When Git encounters a conflict, it adds <<<< ; >>>> and ======= to highlight the parts that caused the conflict and need to be resolved.

Resolving conflicts in practice

  • Open the file in a text editor (for example Rstudio)
  • Decide which part of the code you need to keep in the final main branch
  • Remove the irrelevant code and the conflict indicators
  • Run git add to stage the file/s and git commit to commit the changes: this will generate the merge commit.

Resolving the conflict

Merging branches

Creating branches from Rstudio

Important

When we create a branch using Rstudio the branch is created both in the local and in the remote repository (at the same time.)

Keep refreshing Rstudio (Cloud)

Otherwise some of your branches and changes might not be updated.

Diff window in Rstudio

Rstudio Demo

Few things to start getting installed

Please follow the link and get the Github Education pack.

From now on we will be using VSCode for managing git. Please look at instructions in Week 3 to get it installed.

Time to start our programs locally!

After your tutorial this week:

In the next weeks, we will be using VSCode

  • To help us resolve conflicts
  • To have a nicer way for visualizing Git trees + much more!

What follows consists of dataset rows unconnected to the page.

-- ===== src/Ble/Registry/Victim.antt =====
-- Which connection is given up when the table of src/core/protocol/ble/ble_registry.c is full.
use supertooth.Base.{
  ℕ, zero, suc, ◌+◌, ◌-◌, ◌^◌, ◌<◌, ◌≤◌, ◌≡◌, ◌⊎◌, inl, inr, refl, sym, ap, subst, ◌∙◌, arith, Bool,
  true, false, ◌||◌, not, List, [], ◌∷◌, length, get_or, ltb, ◌==◌, if◌then◌else◌, Bool-cases, u32,
  flag,
}
use supertooth.Ble.Registry.{
  ConnectionState, collecting, confirmed, Link, Connection, no_connection,
}
use supertooth.Ble.Registry.Table.{Best, is_better, weigh, weigh_loop, conn_victim_index}

-- Three numbers are compared one after the other.
abbrev lex_le : ℕ → ℕ → ℕ → ℕ → ℕ → ℕ → Bool
lex_le a b c a' b' c' =
    if ltb a a'
    then true
    else if ltb a' a
    then false
    else if ltb b b'
    then true
    else if ltb b' b
    then false
    else not (ltb c' c)

abbrev has_cand : Link → ℕ
has_cand e = flag (ltb 0 (length e.candidates))

-- A connection has less to lose: no candidates before some, then fewer packets, then longer unused.
abbrev pub NotAfter : Link → Link → Type 0
NotAfter e e' =
    lex_le (has_cand e) (u32 e.packets_seen) e.last_used_seq (has_cand e') (u32 e'.packets_seen)
      e'.last_used_seq
    ≡ true

-- The clock of uses has not come to its last value.
abbrev pub AllUsed : List Connection → Type 0
AllUsed [] = Unit {0}
AllUsed (c ∷ cs) = (c.link.last_used_seq < 2 ^ 64 - 1) × AllUsed cs

-- The locals are at least as good as a link.
abbrev Covers : Best → Link → Type 0
Covers w e =
    (w.best_seq < 2 ^ 64 - 1)
    × (lex_le w.best_has_cand w.best_pkts w.best_seq (has_cand e) (u32 e.packets_seen)
          e.last_used_seq
        ≡ true)

-- The locals before and after.
abbrev Improves : Best → Best → Type 0
Improves v w =
    v.best_seq < 2 ^ 64 - 1
    → (w.best_seq < 2 ^ 64 - 1)
      × (lex_le w.best_has_cand w.best_pkts w.best_seq v.best_has_cand v.best_pkts v.best_seq
          ≡ true)

abbrev BestIsValid : Best → Type 0
BestIsValid v = (v.best_has_cand ≤ 1) × (v.best_seq ≤ 2 ^ 64 - 1)

weigh-Improves :
    (s : ConnectionState) (i : ℕ) (e : Link) (v : Best)
    → BestIsValid v
    → e.last_used_seq < 2 ^ 64 - 1
    → Improves v (weigh s i e v)
unfolding weigh is_better
weigh-Improves confirmed i e v b h = λ k. (k, ground arith)
weigh-Improves collecting i e v b h = λ k. ground arith

weigh-Covers :
    (i : ℕ) (e : Link) (v : Best)
    → BestIsValid v
    → e.last_used_seq < 2 ^ 64 - 1
    → Covers (weigh collecting i e v) e
unfolding weigh is_better
weigh-Covers i e v b h = ground arith

weigh-BestIsValid :
    (s : ConnectionState) (i : ℕ) (e : Link) (v : Best)
    → BestIsValid v
    → e.last_used_seq < 2 ^ 64 - 1
    → BestIsValid (weigh s i e v)
unfolding weigh
weigh-BestIsValid confirmed i e v b h = b
weigh-BestIsValid collecting i e v b h = ground arith

lex_trans :
    (a b c a' b' c' a'' b'' c'' : ℕ)
    → lex_le a b c a' b' c' ≡ true
    → lex_le a' b' c' a'' b'' c'' ≡ true
    → lex_le a b c a'' b'' c'' ≡ true
lex_trans a b c a' b' c' a'' b'' c'' h k = ground arith

-- The locals stand for a link.
record StandsFor (w : Best) (e : Link) : Type 0 where
  is_open : e.state ≡ collecting
  seq_is : w.best_seq ≡ e.last_used_seq
  pkts_is : w.best_pkts ≡ u32 e.packets_seen
  cand_is : w.best_has_cand ≡ has_cand e

abbrev link_at : List Connection → ℕ → Link
link_at cs j = (get_or cs j no_connection).link

-- Where the locals come from.
data Picked (i : ℕ) (cs : List Connection) (v w : Best) : Type 0 where
  kept : w ≡ v → Picked i cs v w
  picked : (j : ℕ) → j < length cs → w.best ≡ i + j → StandsFor w (link_at cs j) → Picked i cs v w

weigh-Picked :
    (s : ConnectionState) (i : ℕ) (e : Link) (v : Best)
    → e.state ≡ s
    → (weigh s i e v ≡ v) ⊎ (((weigh s i e v).best ≡ i) × StandsFor (weigh s i e v) e)
unfolding weigh
weigh-Picked confirmed i e v h = inl refl
weigh-Picked collecting i e v h = elim (Bool-cases (v.best_seq == 2 ^ 64 - 1 || is_better e v)) [
  | inl better ↦
      rw better (inr (refl, record { is_open = h; seq_is = refl; pkts_is = refl; cand_is = refl }))
  | inr worse ↦ rw worse (inl refl)
]

shift_picked :
    (i : ℕ) (c : Connection) (cs : List Connection) (v v' w : Best)
    → (v' ≡ v) ⊎ ((v'.best ≡ i) × StandsFor v' c.link)
    → Picked (i + 1) cs v' w
    → Picked i (c ∷ cs) v w
shift_picked i c cs v v' w step (picked j inside at_j s) =
    picked (suc j) (omega arith) (omega (arith, at_j)) s
shift_picked i c cs v v' w (inl same) (kept e) = kept (e ∙ same)
shift_picked i c cs v v' w (inr (here, s)) (kept e) =
    picked 0 (omega arith) (omega (arith, ap (λ b. b.best) e, here))
      (subst (λ b. StandsFor b c.link) (sym e) s)

weigh_loop-Picked : (i : ℕ) (cs : List Connection) (v : Best) → Picked i cs v (weigh_loop i cs v)
unfolding weigh_loop
weigh_loop-Picked i [] v = kept refl
weigh_loop-Picked i (c ∷ cs) v =
    shift_picked i c cs v (weigh c.link.state i c.link v) _
      (weigh-Picked c.link.state i c.link v refl)
      (weigh_loop-Picked (i + 1) cs (weigh c.link.state i c.link v))

weigh_loop-Improves :
    (i : ℕ) (cs : List Connection) (v : Best)
    → BestIsValid v
    → AllUsed cs
    → Improves v (weigh_loop i cs v)
unfolding weigh_loop
weigh_loop-Improves i [] v b u = λ k. (k, ground arith)
weigh_loop-Improves i (c ∷ cs) v b u = λ k.
    let v' = weigh c.link.state i c.link v in
    let w = weigh_loop (i + 1) cs v' in
    let (k', le) = weigh-Improves c.link.state i c.link v b u.0 k in
    let (k'', le') =
      weigh_loop-Improves (i + 1) cs v' (weigh-BestIsValid c.link.state i c.link v b u.0) u.1 k' in
    (
      k'',
      lex_trans w.best_has_cand w.best_pkts w.best_seq v'.best_has_cand v'.best_pkts v'.best_seq
          v.best_has_cand v.best_pkts v.best_seq le' le,
    )

weigh_loop-Covers :
    (i j : ℕ) (cs : List Connection) (v : Best)
    → BestIsValid v
    → AllUsed cs
    → j < length cs
    → (link_at cs j).state ≡ collecting
    → Covers (weigh_loop i cs v) (link_at cs j)
unfolding weigh_loop
weigh_loop-Covers i j [] v b u h e = absurd (omega arith)
weigh_loop-Covers i zero (c ∷ cs) v b u h e =
    let v' = weigh c.link.state i c.link v in
    let w = weigh_loop (i + 1) cs v' in
    let covers : Covers v' c.link =
      subst (λ s. Covers (weigh s i c.link v) c.link) (sym e) (weigh-Covers i c.link v b u.0) in
    let (k, le) =
      weigh_loop-Improves (i + 1) cs v' (weigh-BestIsValid c.link.state i c.link v b u.0) u.1
        covers.0 in
    (
      k,
      lex_trans w.best_has_cand w.best_pkts w.best_seq v'.best_has_cand v'.best_pkts v'.best_seq
          (has_cand c.link) (u32 c.link.packets_seen) c.link.last_used_seq le covers.1,
    )
weigh_loop-Covers i (suc j) (c ∷ cs) v b u h e =
    weigh_loop-Covers (i + 1) j cs (weigh c.link.state i c.link v)
      (weigh-BestIsValid c.link.state i c.link v b u.0) u.1 (omega arith) e

abbrev first_best : Best
first_best = record { best = 0; best_seq = 2 ^ 64 - 1; best_pkts = 0; best_has_cand = 1 }

-- A confirmed connection is spared: while no use has the last value of the clock of uses, if the
-- table has a connection that is not confirmed, such a one is given up, and no other that is not confirmed has less to lose. One without candidates has less to lose
-- than one with some, then one with fewer packets, then one that was used longer ago.
pub conn_victim_index-spares :
    (cs : List Connection) (j : ℕ)
    → AllUsed cs
    → j < length cs
    → (get_or cs j no_connection).link.state ≡ collecting
    → let victim = (get_or cs (conn_victim_index cs) no_connection).link in
      (victim.state ≡ collecting) × NotAfter victim (get_or cs j no_connection).link
unfolding conn_victim_index
conn_victim_index-spares cs j u h e =
    let w = weigh_loop 0 cs first_best in
    let (set_, le) = weigh_loop-Covers 0 j cs first_best (omega arith, omega arith) u h e in
    let chosen : conn_victim_index cs ≡ w.best = ground (arith, set_) in
    rw chosen (spared w set_ le (weigh_loop-Picked 0 cs first_best))
  where
    spared :
        (w : Best)
        → w.best_seq < 2 ^ 64 - 1
        → lex_le w.best_has_cand w.best_pkts w.best_seq
            (has_cand (link_at cs j))
            (u32 (link_at cs j).packets_seen)
            (link_at cs j).last_used_seq
          ≡ true
        → Picked 0 cs first_best w
        → ((link_at cs w.best).state ≡ collecting) × NotAfter (link_at cs w.best) (link_at cs j)
    spared w set_ le (kept q) = absurd (omega (arith, ap (λ b. b.best_seq) q))
    spared w set_ le (picked k inside at_k s) =
        let here : w.best ≡ k = omega (arith, at_k) in
        rw here (s.is_open, rw (← s.cand_is, ← s.pkts_is, ← s.seq_is) le)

Don’t forget about Assignment 1!

  • For this first assignment your repository can be private. However, when you submit your assignment make sure you make it public.
  • Think that you will be able to show case this assignment on your GitHub account so that you can start building your projects portfolio.
  • Please come to any of the consultation hours if you have any questions.

Week 4 Lesson

Summary

  • Learned more on creating reproducible reports:
    • Referencing
    • Talk about css files
  • More on Git:
    • Branches
  • Solving Git merging conflicts
  • Install VSCode as a GUI to work with Git/GitHub and as a text editor for commits.